Ralph Howes is a production economics specialist with the Agriculture Knowledge Centre. He was the speaker at the Rotary Club of Moose Jaw’s annual rural-urban meeting at the Heritage Inn on Monday.
In his speech, Howes addressed both the advantages and concerns that come with the new agriculture technologies.
Cost is one of the primary concerns.
“It’s fine to say we go big and maybe more acres with that but for a farmer, he has to look at the economics as a cost per unit. Yes, the bigger technology requires more acres under it but if the technology’s resulting in higher yields at a decent price then that can offset it,” Howes told the Times-Herald afterwards.
As the technology improves, the results improve.
Howes said that the standards for yields have jumped substantially, even just in his lifetime.

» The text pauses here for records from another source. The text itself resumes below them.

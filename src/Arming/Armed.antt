-- ===== src/Arming/Armed.antt =====
-- What armShare has done when it reports a share as armed.
use kde_nasmount.Prelude.{ℕ, true, ◌++◌, ◌≡◌, ◌≢◌, refl, sym, ap, ◌∙◌, arith, ==_iff}
use kde_nasmount.Qt.{Qt}
use kde_nasmount.Text.{codes}
use kde_nasmount.Verify.Runtime.{Numbers}
use kde_nasmount.Arming.{
  ArmPrecheck, ready_to_arm, blocked, ArmShareResult, ArmShareRequest, ArmShareOutcome, armed,
  Machine, evaluate_arm_precheck, runtime_of, current_id, compensate, start_failed, record_instance,
  start_trigger, check_credential, open_mountpoint, failed, arm_ready, arm_share, automount_unit_of,
}

module _ {S : Type 0} (qt : Qt) (numbers : Numbers) (machine : Machine S) where
  -- the states after the credential check, the walk to the mount point and the start
  abbrev pub checked_state : ArmShareRequest → S → S
  checked_state req s = (check_credential qt numbers machine req s).1

  abbrev pub walked_state : ArmShareRequest → S → S
  walked_state req s = (open_mountpoint qt numbers machine req (checked_state req s)).1

  abbrev pub started_state : ArmShareRequest → S → S
  started_state req s = (machine.start (req.unit_name ++ codes ".automount") (walked_state req s)).1

  abbrev pub started_id : ArmShareRequest → S → ℕ
  started_id req s = current_id qt numbers machine (started_state req s) req.plan.path

  pub record IsArmed (req : ArmShareRequest) (s after : S) : Type 0 where
    pub ready :
        evaluate_arm_precheck (runtime_of qt numbers machine s req.unit_name req.plan.path req.what)
        ≡ ready_to_arm
    pub credential_ok : (check_credential qt numbers machine req s).0 ≡ true
    pub path_ok : (open_mountpoint qt numbers machine req (checked_state req s)).0 ≡ true
    pub started :
        (machine.start (req.unit_name ++ codes ".automount") (walked_state req s)).0 ≡ true
    pub identified : started_id req s ≢ 0
    pub recorded :
        (machine.write_automount_id req.unit_name (started_id req s) (started_state req s)).0 ≡ true
    pub ends :
        after
        ≡ (machine.write_automount_id req.unit_name (started_id req s) (started_state req s)).1

  compensate_unarmed :
      (req : ArmShareRequest) (id : ℕ) (t : S)
      → (compensate qt numbers machine req id t).0.outcome ≢ armed
  unfolding compensate
  compensate_unarmed req id t h = cc

  record_instance-eq-armed :
      (req : ArmShareRequest) (id : ℕ) (u : S)
      → (record_instance qt numbers machine req id u).0.outcome ≡ armed
      → (id ≢ 0)
        × ((machine.write_automount_id req.unit_name id u).0 ≡ true)
        × ((record_instance qt numbers machine req id u).1
            ≡ (machine.write_automount_id req.unit_name id u).1)
  unfolding record_instance
  record_instance-eq-armed req id u h = ground (
    arith,
    ==_iff id 0,
    compensate_unarmed req id u,
    compensate_unarmed req id (machine.write_automount_id req.unit_name id u).1,
  )

  start_failed_unarmed :
      (req : ArmShareRequest) (t : S)
      → (start_failed qt numbers machine req
          (runtime_of qt numbers machine t req.unit_name req.plan.path req.what)
          t).0.outcome
        ≢ armed
  unfolding start_failed
  start_failed_unarmed req t h =
      ground (arith, compensate_unarmed req (current_id qt numbers machine t req.plan.path) t)

  start_trigger-eq-armed :
      (req : ArmShareRequest) (t : S)
      → (start_trigger qt numbers machine req t).0.outcome ≡ armed
      → ((machine.start (req.unit_name ++ codes ".automount") t).0 ≡ true)
        × (start_trigger qt numbers machine req t
            ≡ record_instance qt numbers machine req
                (current_id qt numbers machine
                  (machine.start (req.unit_name ++ codes ".automount") t).1
                  req.plan.path)
                (machine.start (req.unit_name ++ codes ".automount") t).1)
  unfolding start_trigger automount_unit_of
  start_trigger-eq-armed req t h =
      ground
        (arith, start_failed_unarmed req (machine.start (req.unit_name ++ codes ".automount") t).1)

  arm_ready-eq-armed :
      (req : ArmShareRequest) (s : S)
      → (arm_ready qt numbers machine req s).0.outcome ≡ armed
      → ((check_credential qt numbers machine req s).0 ≡ true)
        × ((open_mountpoint qt numbers machine req (checked_state req s)).0 ≡ true)
        × (arm_ready qt numbers machine req s
            ≡ start_trigger qt numbers machine req (walked_state req s))
  unfolding arm_ready
  arm_ready-eq-armed req s h = ground arith

  armed_of_ready :
      (req : ArmShareRequest) (s : S)
      → evaluate_arm_precheck (runtime_of qt numbers machine s req.unit_name req.plan.path req.what)
        ≡ ready_to_arm
      → (arm_ready qt numbers machine req s).0.outcome ≡ armed
      → IsArmed req s (arm_ready qt numbers machine req s).1
  armed_of_ready req s e h =
      let (credential, path, is) = arm_ready-eq-armed req s h in
      let (started, now) =
        start_trigger-eq-armed req (walked_state req s) (sym (ap (λ r. r.0.outcome) is) ∙ h) in
      let (identified, recorded, ends) =
        record_instance-eq-armed req (started_id req s) (started_state req s)
          (sym (ap (λ r. r.0.outcome) (is ∙ now)) ∙ h) in
      record {
        ready = e;
        credential_ok = credential;
        path_ok = path;
        started = started;
        identified = identified;
        recorded = recorded;
        ends = ap (λ r. r.1) (is ∙ now) ∙ ends;
      }

  arm_of_precheck : ArmPrecheck → ArmShareRequest → S → ArmShareResult × S
  arm_of_precheck p req s = elim p [
    | blocked ↦ failed qt numbers machine true s
    | ArmPrecheck.already_armed ↦
        (record { outcome = ArmShareOutcome.already_armed; definition_cleanup_safe = true }, s)
    | ready_to_arm ↦ arm_ready qt numbers machine req s
  ]

  arm_of_precheck-IsArmed :
      (p : ArmPrecheck) (req : ArmShareRequest) (s : S)
      → evaluate_arm_precheck (runtime_of qt numbers machine s req.unit_name req.plan.path req.what)
        ≡ p
      → (arm_of_precheck p req s).0.outcome ≡ armed
      → IsArmed req s (arm_of_precheck p req s).1
  unfolding arm_of_precheck
  arm_of_precheck-IsArmed blocked req s e h = cc
  arm_of_precheck-IsArmed ArmPrecheck.already_armed req s e h = cc
  arm_of_precheck-IsArmed ready_to_arm req s e h = armed_of_ready req s e h

  -- When armShare reports a share as armed, the runtime was ready for it, the credential check and
  -- the walk to the mount point succeeded, the automount unit was started, the mount id seen after
  -- the start is not 0, and it was recorded, which is the last that was done.
  pub arm_share-IsArmed :
      (req : ArmShareRequest) (s : S)
      → (arm_share qt numbers machine req s).0.outcome ≡ armed
      → IsArmed req s (arm_share qt numbers machine req s).1
  unfolding arm_share arm_of_precheck
  arm_share-IsArmed req s h = arm_of_precheck-IsArmed _ req s refl h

In the past, 40 bushels of wheat was adequate. He said that number has increased to 70.
That raises a lot of questions about sustainability.
“You say, ‘well, where’s the upper limit to this?’ I think, rather than look at upper limits, we may be looking at alternatives. Alternative crops or new ways of producing food,” said Howes.

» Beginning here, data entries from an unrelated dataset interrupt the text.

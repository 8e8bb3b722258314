-- ===== src/Arming/Compensation.antt =====
-- What armShare leaves behind: the armed share, or a failure after which the definition may be
-- removed only when its trigger is known not to run.
use kde_nasmount.Prelude.{
  ℕ, Bool, true, false, not, ◌&&◌, ◌++◌, ◌≡◌, ◌≢◌, refl, sym, subst, ◌∙◌, arith, ◌==◌, ==_iff,
  if◌then◌else◌,
}
use kde_nasmount.Qt.{Qt}
use kde_nasmount.Text.{Text, codes}
use kde_nasmount.Verify.Mountinfo.{MountState}
use kde_nasmount.Verify.Runtime.{AutomountState, Numbers}
use kde_nasmount.Arming.{
  ArmPrecheck, ready_to_arm, blocked, ArmShareResult, ArmShareRequest, ArmShareOutcome,
  needs_attention, Machine, automount_active, automount_inactive, mount_absent,
  evaluate_arm_precheck, runtime_of, current_id, stop_started_automount, compensate, start_failed,
  record_instance, start_trigger, check_credential, open_mountpoint, failed, arm_ready, arm_share,
  automount_unit_of,
}

module _ {S : Type 0} (qt : Qt) (numbers : Numbers) (machine : Machine S) where
  -- The runtime shows an inactive automount and nothing mounted.
  pub SeenIdle : ArmShareRequest → S → Type 0
  SeenIdle req t =
      ((runtime_of qt numbers machine t req.unit_name req.plan.path req.what).automount
        ≡ AutomountState.inactive)
      × ((runtime_of qt numbers machine t req.unit_name req.plan.path req.what).mount
          ≡ MountState.absent)

  -- Why the definition may be removed after a failure that ends in a state: the trigger was never
  -- started, or the start failed and the runtime shows it idle, or its instance was stopped.
  pub data SafeReason (req : ArmShareRequest) (s : S) : S → Type 0 where
    runtime_blocked :
        evaluate_arm_precheck (runtime_of qt numbers machine s req.unit_name req.plan.path req.what)
          ≡ blocked
        → SafeReason req s s
    credential_refused :
        (check_credential qt numbers machine req s).0 ≡ false
        → SafeReason req s (check_credential qt numbers machine req s).1
    path_refused :
        (t : S)
        → t ≡ (check_credential qt numbers machine req s).1
        → (open_mountpoint qt numbers machine req t).0 ≡ false
        → SafeReason req s (open_mountpoint qt numbers machine req t).1
    start_refused :
        (t : S)
        → (machine.start (req.unit_name ++ codes ".automount") t).0 ≡ false
        → SeenIdle req (machine.start (req.unit_name ++ codes ".automount") t).1
        → SafeReason req s (machine.start (req.unit_name ++ codes ".automount") t).1
    trigger_stopped :
        (t : S)
        → current_id qt numbers machine t req.plan.path ≢ 0
        → (machine.stop (req.unit_name ++ codes ".automount") t).0 ≡ true
        → SafeReason req s
            (machine.remove_automount_id req.unit_name
              (machine.stop (req.unit_name ++ codes ".automount") t).1).1

  stop_started-eq-true :
      (unit name path : Text) (id : ℕ) (t : S)
      → (stop_started_automount qt numbers machine unit name path id t).0 ≡ true
      → (id ≢ 0)
        × (current_id qt numbers machine t path ≡ id)
        × ((machine.stop unit t).0 ≡ true)
        × ((stop_started_automount qt numbers machine unit name path id t).1
            ≡ (machine.remove_automount_id name (machine.stop unit t).1).1)
  unfolding stop_started_automount
  stop_started-eq-true unit name path id t h =
      ground (arith, ==_iff id 0, ==_iff (current_id qt numbers machine t path) id)

  compensate-SafeReason :
      (req : ArmShareRequest) (s : S) (id : ℕ) (t : S)
      → (compensate qt numbers machine req id t).0.definition_cleanup_safe ≡ true
      → SafeReason req s (compensate qt numbers machine req id t).1
  unfolding compensate automount_unit_of
  compensate-SafeReason req s id t h =
      let (filled, is, ok_, end) =
        stop_started-eq-true (req.unit_name ++ codes ".automount") req.unit_name req.plan.path id t
          h in
      subst (SafeReason req s) (sym end) (trigger_stopped t (λ z. filled (sym is ∙ z)) ok_)

  -- A result whose flag, when set, has a reason.
  Justified : ArmShareRequest → S → ArmShareResult × S → Type 0
  Justified req s r =
      r.0.outcome ≡ needs_attention → r.0.definition_cleanup_safe ≡ true → SafeReason req s r.1

  compensate-Justified :
      (req : ArmShareRequest) (s : S) (id : ℕ) (t : S)
      → Justified req s (compensate qt numbers machine req id t)
  unfolding Justified
  compensate-Justified req s id t o h = compensate-SafeReason req s id t h

  choose :
      (b : Bool) (req : ArmShareRequest) (s : S) (x y : ArmShareResult × S)
      → (b ≡ true → Justified req s x)
      → (b ≡ false → Justified req s y)
      → Justified req s (if b then x else y)
  choose true req s x y f g = f refl
  choose false req s x y f g = g refl

  seen_idle :
      (req : ArmShareRequest) (u : S)
      → (automount_inactive
            (runtime_of qt numbers machine u req.unit_name req.plan.path req.what).automount
          && mount_absent
              (runtime_of qt numbers machine u req.unit_name req.plan.path req.what).mount)
        ≡ true
      → SeenIdle req u
  unfolding SeenIdle
  seen_idle req u h = ground arith

  start_failed-Justified :
      (req : ArmShareRequest) (s u : S)
      → (SeenIdle req u → SafeReason req s u)
      → Justified req s (
          start_failed qt numbers machine req
            (runtime_of qt numbers machine u req.unit_name req.plan.path req.what)
            u)
  unfolding start_failed Justified
  start_failed-Justified req s u idle =
      choose
        (automount_active
            (runtime_of qt numbers machine u req.unit_name req.plan.path req.what).automount
          && mount_absent
              (runtime_of qt numbers machine u req.unit_name req.plan.path req.what).mount)
        req s _ _ (λ e. compensate-Justified req s _ u) (λ e o h. idle (seen_idle req u h))

  record_instance-Justified :
      (req : ArmShareRequest) (s : S) (id : ℕ) (u : S)
      → Justified req s (record_instance qt numbers machine req id u)
  unfolding record_instance Justified
  record_instance-Justified req s id u =
      choose (id == 0) req s _ _ (λ e. compensate-Justified req s id u)
        (λ e.
          choose (not (machine.write_automount_id req.unit_name id u).0) req s _ _
            (λ w. compensate-Justified req s id (machine.write_automount_id req.unit_name id u).1)
            (λ w o h. cc))

  start_trigger-Justified :
      (req : ArmShareRequest) (s t : S) → Justified req s (start_trigger qt numbers machine req t)
  unfolding start_trigger automount_unit_of Justified
  start_trigger-Justified req s t =
      choose (not (machine.start (req.unit_name ++ codes ".automount") t).0) req s _ _
        (λ e.
          start_failed-Justified req s (machine.start (req.unit_name ++ codes ".automount") t).1
            (λ idle. start_refused t (is_false _ e) idle))
        (λ e.
          record_instance-Justified req s _
            (machine.start (req.unit_name ++ codes ".automount") t).1)
    where
      is_false : (b : Bool) → not b ≡ true → b ≡ false
      is_false b e = ground arith

  arm_ready-Justified :
      (req : ArmShareRequest) (s : S) → Justified req s (arm_ready qt numbers machine req s)
  unfolding arm_ready Justified
  arm_ready-Justified req s =
      choose (not (check_credential qt numbers machine req s).0) req s _ _
        (λ e o h. credential_refused (is_false _ e))
        (λ e.
          choose
            (not
              (open_mountpoint qt numbers machine req
                (check_credential qt numbers machine req s).1).0)
            req s _ _
            (λ w o h.
              path_refused (check_credential qt numbers machine req s).1 refl (is_false _ w))
            (λ w. start_trigger-Justified req s _))
    where
      is_false : (b : Bool) → not b ≡ true → b ≡ false
      is_false b e = ground arith

  arm_of_precheck : ArmPrecheck → ArmShareRequest → S → ArmShareResult × S
  arm_of_precheck p req s = elim p [
    | blocked ↦ failed qt numbers machine true s
    | ArmPrecheck.already_armed ↦
        (record { outcome = ArmShareOutcome.already_armed; definition_cleanup_safe = true }, s)
    | ready_to_arm ↦ arm_ready qt numbers machine req s
  ]

  arm_of_precheck-Justified :
      (p : ArmPrecheck) (req : ArmShareRequest) (s : S)
      → evaluate_arm_precheck (runtime_of qt numbers machine s req.unit_name req.plan.path req.what)
        ≡ p
      → Justified req s (arm_of_precheck p req s)
  unfolding arm_of_precheck Justified
  arm_of_precheck-Justified blocked req s e o h = runtime_blocked e
  arm_of_precheck-Justified ArmPrecheck.already_armed req s e o h = cc
  arm_of_precheck-Justified ready_to_arm req s e o h = arm_ready-Justified req s o h

  -- When armShare fails and says that the definition may be removed, then the trigger was never
  -- started, or its start failed and the runtime then shows an inactive automount and nothing
  -- mounted, or a mount id was seen at the path and a stop of the automount unit succeeded.
  pub arm_share-SafeReason :
      (req : ArmShareRequest) (s : S)
      → (arm_share qt numbers machine req s).0.outcome ≡ needs_attention
      → (arm_share qt numbers machine req s).0.definition_cleanup_safe ≡ true
      → SafeReason req s (arm_share qt numbers machine req s).1
  unfolding arm_share arm_of_precheck Justified
  arm_share-SafeReason req s o h = arm_of_precheck-Justified _ req s refl o h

Saskatchewan is still leading in many areas, in part because of the technology that the province’s farmers have access to.
Howes said that countries like Russia and the Ukraine that were technologically behind are now catching up. This is leveling the competition.
“At times we are in competition with the rest of the world and at times we can saturate markets,” Howes said. “The weather is the one limiting factor in agriculture which you can never say, ‘we’re saturated and we’re going to stay there,’ because it could dry next year and that’ll change quickly.”
Agriculture technology doesn’t just apply to combines with GPS or tractors that can be driven by remote.
There are concerns surrounding genetic modification.
Howes was careful addressing whether all of these advancements are positive.
“I’d like to hope that we will only accept what is good there. The public can not accept something and then it will not sell too,” said Howes. “Some of those areas where you can add a protein or a mineral to a seed where it was deficient in even a poor country is a good thing. We tend to sort of only hear the bad side of these but it certainly bears watching that it isn’t exploited.”